Dehydration is generally performed in two stages to reduce energy usage. Initially, the bulk water is removed through a relatively low-energy unit operation. Falling film vacuum evaporation is the most commonly applied technology for bulk water removal. 

The stream to be concentrated is distributed into thin films under vacuum which increases heat transfer and allows water to evaporate at temperatures < 70˚C, thereby limiting heat damage in the product.

Reverse Osmosis filtration may also be used to physically separate bulk water using semi-permeable membranes. 

  • Technologies for primary removal of water are limited in the amount of water they can remove; reverse osmosis and falling film evaporators cannot typically operate beyond ~25% and 50-60% dry matter, respectively.
  • The final stage of water removal is most commonly achieved through spray drying, which is energy intensive due to the requirement to heat large quantities of air to high temperatures, typically between 170 and 200 ˚C.
  • Milk is sprayed, or atomised, into the hot air which removes water from the droplets, forming a powder which falls to the bottom of the drying chamber for collection. Due to the cooling affect associated with the evaporation of water, powder temperature generally remains <70 ˚C which limits heat damage to powders.

Recent developments in dehydration of dairy products also include turbine thin layer dehydration and microwave vacuum dehydration technologies.

Dehydration processes used to extend dairy shelf life & reduce waste

Falling film vacuum evaporation

Falling-film evaporators are commonly used for milk powder production.

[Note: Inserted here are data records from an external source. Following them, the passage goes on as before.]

-- ===== src/Backend/Results/Marks.antt =====
-- When a result of a device becomes an attendance log (backend/app.py), and what keeps a second one
-- out.
use frass_f.Base.{
  ℕ, ◌+◌, ◌≤◌, ◌<◌, ◌≡◌, refl, ap, inl, inr, Bool, true, false, Option, none, some, Bool-cases,
  List, [], ◌∷◌, ◌++◌, Text, text_eq_refl, arith,
}
use frass_f.Base.Int.{ℤ, ltb_ℤ}
use frass_f.Backend.State.{Backend, AttendanceLog, Env, Config}
use frass_f.Backend.Match.{Engine, match_embedding, embedding_quality}
use frass_f.Backend.Results.{
  Result, Reply, liveness_failed, low_quality, unknown, duplicate, marked, nonce_logged, recent,
  new_log, dt_of, add_log, after_match, process_result, process_embedding,
}

module _ {C E : Type 0} where
  -- What a request did, by its reply: only the reply `marked` adds a log.
  abbrev pub Effect :
      Config → Result E → Text → Env → Backend C E → Option Reply × Backend C E → Type 0
  Effect cfg r d env b (some (marked u name c), b') =
      (b'.logs ≡ b.logs ++ (new_log r d (dt_of r.timestamp env.now) u c ∷ []))
      × (recent u cfg.dedup_cooldown env.now b.logs ≡ false)
      × (nonce_logged r.nonce b.logs ≡ false)
  Effect cfg r d env b (some liveness_failed, b') = b'.logs ≡ b.logs
  Effect cfg r d env b (some (low_quality q), b') = b'.logs ≡ b.logs
  Effect cfg r d env b (some (unknown c), b') = b'.logs ≡ b.logs
  Effect cfg r d env b (some (duplicate u c), b') = b'.logs ≡ b.logs
  Effect cfg r d env b (none, b') = b'.logs ≡ b.logs

module _ {C E : Type 0} (K : Engine E) (cfg : Config) (r : Result E) (d : Text) (env : Env)
    (b : Backend C E) where
  after_match-Effect :
      (answer : Option (Option ℕ × ℤ)) (b₁ : Backend C E)
      → b₁.logs ≡ b.logs
      → Effect cfg r d env b (after_match K cfg r d env (answer, b₁))
  unfolding after_match
  after_match-Effect none b₁ same = same
  after_match-Effect (some (none, c)) b₁ same = same
  after_match-Effect (some (some u, c)) b₁ same =
      elim (Bool-cases (recent u cfg.dedup_cooldown env.now b₁.logs)) [
        | inl late ↦ rw late same
        | inr early ↦ rw early (elim (Bool-cases (nonce_logged r.nonce b₁.logs)) [
          | inl used ↦ rw (used, add_log) same
          | inr unused ↦
              rw (unused, add_log)
                (
                  ap
                      (λ (logs : List AttendanceLog).
                        logs ++ (new_log r d (dt_of r.timestamp env.now) u c ∷ []))
                      same,
                  rw same at early,
                  rw same at unused,
                )
        ])
      ]

  logs-match_embedding :
      (fails : Bool) (t : ℤ) (q : E) → (match_embedding K fails t q b).1.logs ≡ b.logs
  unfolding match_embedding
  logs-match_embedding true t q = ground arith
  logs-match_embedding false t q = ground arith

  processed : (o : Option E) → Effect cfg r d env b (process_embedding K cfg r o d env b)
  unfolding match_embedding after_match
  processed none = refl
  processed (some q) = elim (Bool-cases r.is_live) [
    | inl live ↦
        rw live (elim (Bool-cases (ltb_ℤ (embedding_quality K q) cfg.min_embedding_quality)) [
          | inl low ↦ rw low refl
          | inr high ↦ rw high (
              after_match-Effect (match_embedding K env.load_fails cfg.recognition_threshold q b).0
                (match_embedding K env.load_fails cfg.recognition_threshold q b).1
                (logs-match_embedding env.load_fails cfg.recognition_threshold q))
        ])
    | inr dead ↦ rw dead refl
  ]

  pub process_result-Effect : Effect cfg r d env b (process_result K cfg r d env b)
  unfolding process_result
  process_result-Effect = processed r.embedding

-- A user whose log is later than the cooldown before now is answered `duplicate`.
recent_last :
    (u cooldown now : ℕ) (l : AttendanceLog) (logs : List AttendanceLog)
    → l.user_id ≡ u
    → now < l.timestamp + cooldown
    → recent u cooldown now (logs ++ (l ∷ [])) ≡ true
unfolding recent
recent_last u cooldown now l [] same late = ground arith
recent_last u cooldown now l (k ∷ logs) same late =
    ground (arith, recent_last u cooldown now l logs same late)

not_recent_last :
    (u cooldown now : ℕ) (l : AttendanceLog) (logs : List AttendanceLog)
    → l.timestamp + cooldown ≤ now
    → recent u cooldown now (logs ++ (l ∷ [])) ≡ recent u cooldown now logs
unfolding recent
not_recent_last u cooldown now l [] old = ground arith
not_recent_last u cooldown now l (k ∷ logs) old =
    ground (arith, not_recent_last u cooldown now l logs old)

module _ {C E : Type 0} (K : Engine E) (cfg : Config) (d d' : Text) (env env' : Env) where
  -- Once a result is marked for a user, every result that is matched to that user before the time of
  -- the first plus the cooldown is answered `duplicate`, and changes nothing.
  pub marked_then_duplicate :
      (r r' : Result E) (b b₁ : Backend C E) (u : ℕ) (name : Text) (c c' : ℤ)
      → process_result K cfg r d env b ≡ (some (marked u name c), b₁)
      → env'.now < dt_of r.timestamp env.now + cfg.dedup_cooldown
      → after_match K cfg r' d' env' (some (some u, c'), b₁) ≡ (some (duplicate u c'), b₁)
  unfolding after_match
  marked_then_duplicate r r' b b₁ u name c c' h soon =
      let effect = rw h at (process_result-Effect K cfg r d env b) in
      rw effect.0 (
        rw (
          recent_last u cfg.dedup_cooldown env'.now (new_log r d (dt_of r.timestamp env.now) u c)
            b.logs refl (omega arith)))

  -- A log whose own time is older than the cooldown keeps no result out: whatever the second result
  -- is, its test for duplicates has the same answer as before the first was marked.
  pub stale_log_keeps_none_out :
      (r : Result E) (b b₁ : Backend C E) (u v : ℕ) (name : Text) (c : ℤ)
      → process_result K cfg r d env b ≡ (some (marked u name c), b₁)
      → dt_of r.timestamp env.now + cfg.dedup_cooldown ≤ env'.now
      → recent v cfg.dedup_cooldown env'.now b₁.logs ≡ recent v cfg.dedup_cooldown env'.now b.logs
  stale_log_keeps_none_out r b b₁ u v name c h old =
      let effect = rw h at (process_result-Effect K cfg r d env b) in
      rw effect.0 (
        not_recent_last v cfg.dedup_cooldown env'.now (new_log r d (dt_of r.timestamp env.now) u c)
          b.logs old)

nonce_logged_last :
    (n : Text) (l : AttendanceLog) (logs : List AttendanceLog)
    → l.nonce ≡ some n
    → nonce_logged n (logs ++ (l ∷ [])) ≡ true
unfolding nonce_logged
nonce_logged_last n l [] e = rw e (ground (arith, text_eq_refl n))
nonce_logged_last n l (k ∷ logs) e = ground (arith, nonce_logged_last n l logs e)

module _ {C E : Type 0} (K : Engine E) (cfg : Config) (d d' : Text) (env env' : Env) where
  -- Once a result with no nonce is marked, the next result with no nonce that is matched to a user
  -- without a recent log raises instead of being marked.
  pub second_without_nonce_raises :
      (r r' : Result E) (b b₁ : Backend C E) (u v : ℕ) (name : Text) (c c' : ℤ)
      → r.nonce ≡ []
      → r'.nonce ≡ []
      → process_result K cfg r d env b ≡ (some (marked u name c), b₁)
      → recent v cfg.dedup_cooldown env'.now b₁.logs ≡ false
      → after_match K cfg r' d' env' (some (some v, c'), b₁) ≡ (none, b₁)
  unfolding after_match
  second_without_nonce_raises r r' b b₁ u v name c c' e e' h early =
      let effect = rw h at (process_result-Effect K cfg r d env b) in
      let l : AttendanceLog = new_log r d (dt_of r.timestamp env.now) u c in
      let used : nonce_logged r'.nonce b₁.logs ≡ true =
        rw (effect.0, e') (nonce_logged_last [] l b.logs (ap (λ (n : Text). some n) e)) in
      rw early (rw (used, add_log) refl)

Reverse osmosis filtration

The application of reverse osmosis to concentrate milk before evaporation lowers total energy consumption.

Spray drying

Spray drying is one of the most commonly used techniques for producing milk powders and for stabilising milk constituents.

Turbine thin layer dehydration

A layer of concentrated milk is put in direct contact with the hot surface of rotating rollers or drums. As the drum rotates and is heated on the inside, the product dries on the outside of the drum surface.

Microwave vacuum dehydration technologies

A dehydration technology which uses a combination of low pressure and microwave energy to deliver a high-speed, controllable, low-temperature, efficient drying process.